Source: Fox News
Summary
Laura Wellington, also known as “Doormat Mom,” has been open about her experience with parent-child estrangement after being cut off by her adult daughter in 2024. She has since built a large social media following and written a book about her experience. Wellington believes that estrangement is becoming more common and is often driven by political and cultural differences. She also thinks that societal narratives and the loss of traditional family values are contributing factors. Jonathan Alpert, a New York City psychotherapist, agrees that estrangement is becoming more common and is often a result of political identity and voting behavior.
Our Reading
The advice sounds familiar.
Parent-child estrangement is a painful and complex issue that is becoming more common. While it can be a necessary response to abuse or neglect, it is also often driven by political and cultural differences. Societal narratives and the loss of traditional family values are contributing factors. Estrangement can have severe emotional impacts on both parents and adult children. Reconciliation is possible, but it requires a shared belief that relationships can survive disagreement.

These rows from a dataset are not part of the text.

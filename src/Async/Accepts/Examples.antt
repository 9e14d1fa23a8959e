-- ===== src/Async/Accepts/Examples.antt =====
-- A connection that is accepted after an interrupt, on the kernel of Executor.Examples.
use async_berkeley.Base.{◌≡◌, refl, [], ◌∷◌, ◌++◌, pos, negsuc, int_eq, arith}
use async_berkeley.Socket.Sync.{Span, Accept}
use async_berkeley.Executor.Examples.{table, read_write, store}
use async_berkeley.Async.Accepts.{terminated, accept_now, accept_later}
use async_berkeley.Async.Accepts.Outcomes.{failure, ends, accepts-ends}

abbrev buffer : Span
buffer = record { data_at = 4096; size = 28 }

abbrev interrupted : Accept
interrupted = record { sockfd = negsuc 0; errno = pos 4; socklen = 28 }

abbrev connection : Accept
connection = record { sockfd = pos 3; errno = pos 0; socklen = 16 }

accepts-ends_example :
    (accept_now table
        (pos 4)
        (pos 0)
        buffer
        ((interrupted ∷ []) ++ connection ∷ [])
        store
        read_write
      ≡ ends table buffer connection (failure table (pos 3) store read_write) store read_write)
    × (accept_later table
          (pos 4)
          (pos 0)
          buffer
          ((interrupted ∷ []) ++ connection ∷ [])
          store
          read_write
        ≡ ends table buffer connection terminated store read_write)
unfolding int_eq
accepts-ends_example =
    accepts-ends table (pos 4) buffer (interrupted ∷ []) connection [] store read_write (refl, tt)
      refl (omega arith)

As Laura Wellington said, “You can’t force them into a relationship with you… Let life teach them — and if they’re meant to come back, they will come back.”

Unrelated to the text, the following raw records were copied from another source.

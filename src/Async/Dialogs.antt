-- ===== src/Async/Dialogs.antt =====
-- The operations of include/io/socket/detail/async_operations.hpp that a dialog passes on to its handle,
-- and `get_executor`.
use async_berkeley.Base.{
  ℕ, ◌≡◌, refl, Option, some, ◌>>=◌, ℤ, false, true, if◌then◌else◌, Option-cases, inl, inr, Bool,
}
use async_berkeley.Socket.Dialog.{Dialog, dialog_native}
use async_berkeley.Socket.Sync.{
  Span, Outcome, Syscall, sys_bind, sys_listen, sys_shutdown, sys_setsockopt, bind, listen,
  shutdown, setsockopt, getpeername, getsockname, socket_option,
}

-- Whether the executor lives; otherwise a std::invalid_argument is thrown.
unfoldable pub get_executor : Dialog → Bool
get_executor d = if d.is_expired then false else true

-- Each is `none` where the dialog has no handle, a null pointer that is read. The answers of the calls
-- that are not retried are arguments, as in Socket.Sync.
module _ (d : Dialog) where
  unfoldable pub bind_dialog : Span → Option Syscall
  unfolding bind
  bind_dialog address = d.socket >>= λ h. some (bind h address)

  unfoldable pub listen_dialog : ℤ → Option Syscall
  unfolding listen
  listen_dialog backlog = d.socket >>= λ h. some (listen h backlog)

  unfoldable pub shutdown_dialog : ℤ → Option Syscall
  unfolding shutdown
  shutdown_dialog how = d.socket >>= λ h. some (shutdown h how)

  unfoldable pub setsockopt_dialog : ℤ → ℤ → Span → Option Syscall
  unfolding setsockopt
  setsockopt_dialog level optname option =
      d.socket >>= λ h. some (setsockopt h level optname option)

  unfoldable pub getpeername_dialog : ℤ → ℕ → Span → Option (Outcome Span)
  unfolding getpeername
  getpeername_dialog ret socklen address = d.socket >>= λ h. some (getpeername ret socklen address)

  unfoldable pub getsockname_dialog : ℤ → ℕ → Span → Option (Outcome Span)
  unfolding getsockname
  getsockname_dialog ret socklen address = d.socket >>= λ h. some (getsockname ret socklen address)

  unfoldable pub getsockopt_dialog : ℤ → ℕ → Span → Option (Outcome (ℤ × Span))
  unfolding socket_option
  getsockopt_dialog ret optlen option = d.socket >>= λ h. some (socket_option ret optlen option)

-- The descriptor of a call.
abbrev pub descriptor_of : Syscall → ℤ
descriptor_of (sys_bind fd at n) = fd
descriptor_of (sys_listen fd n) = fd
descriptor_of (sys_shutdown fd how) = fd
descriptor_of (sys_setsockopt fd level optname at n) = fd

-- Every call of a dialog goes to the descriptor of the dialog.
pub descriptor_of-dialog :
    (d : Dialog) (a option : Span) (n how level optname : ℤ)
    → ((bind_dialog d a >>= λ c. some (descriptor_of c)) ≡ dialog_native d)
      × ((listen_dialog d n >>= λ c. some (descriptor_of c)) ≡ dialog_native d)
      × ((shutdown_dialog d how >>= λ c. some (descriptor_of c)) ≡ dialog_native d)
      × ((setsockopt_dialog d level optname option >>= λ c. some (descriptor_of c))
          ≡ dialog_native d)
unfolding bind_dialog listen_dialog shutdown_dialog setsockopt_dialog dialog_native
descriptor_of-dialog d a option n how level optname = elim (Option-cases d.socket) [
  | inl missing ↦ rw missing (refl, refl, refl, refl)
  | inr (h, there) ↦ rw there (refl, refl, refl, refl)
]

The normalization of estrangement as a response to family tensions is a concerning trend. It’s a form of moral signaling rather than a last-resort response to genuine harm.
Jonathan Alpert’s observation that “when therapy language and political culture reward rupture over repair, families are left divided long after the arguments fade” is a poignant reminder of the need for a more nuanced approach to family conflicts.
The pain of estrangement is a reminder that family relationships are complex and multifaceted, and that there is no one-size-fits-all solution.
In the end, it’s not just about the parents or the adult children, but about the kind of society we want to create.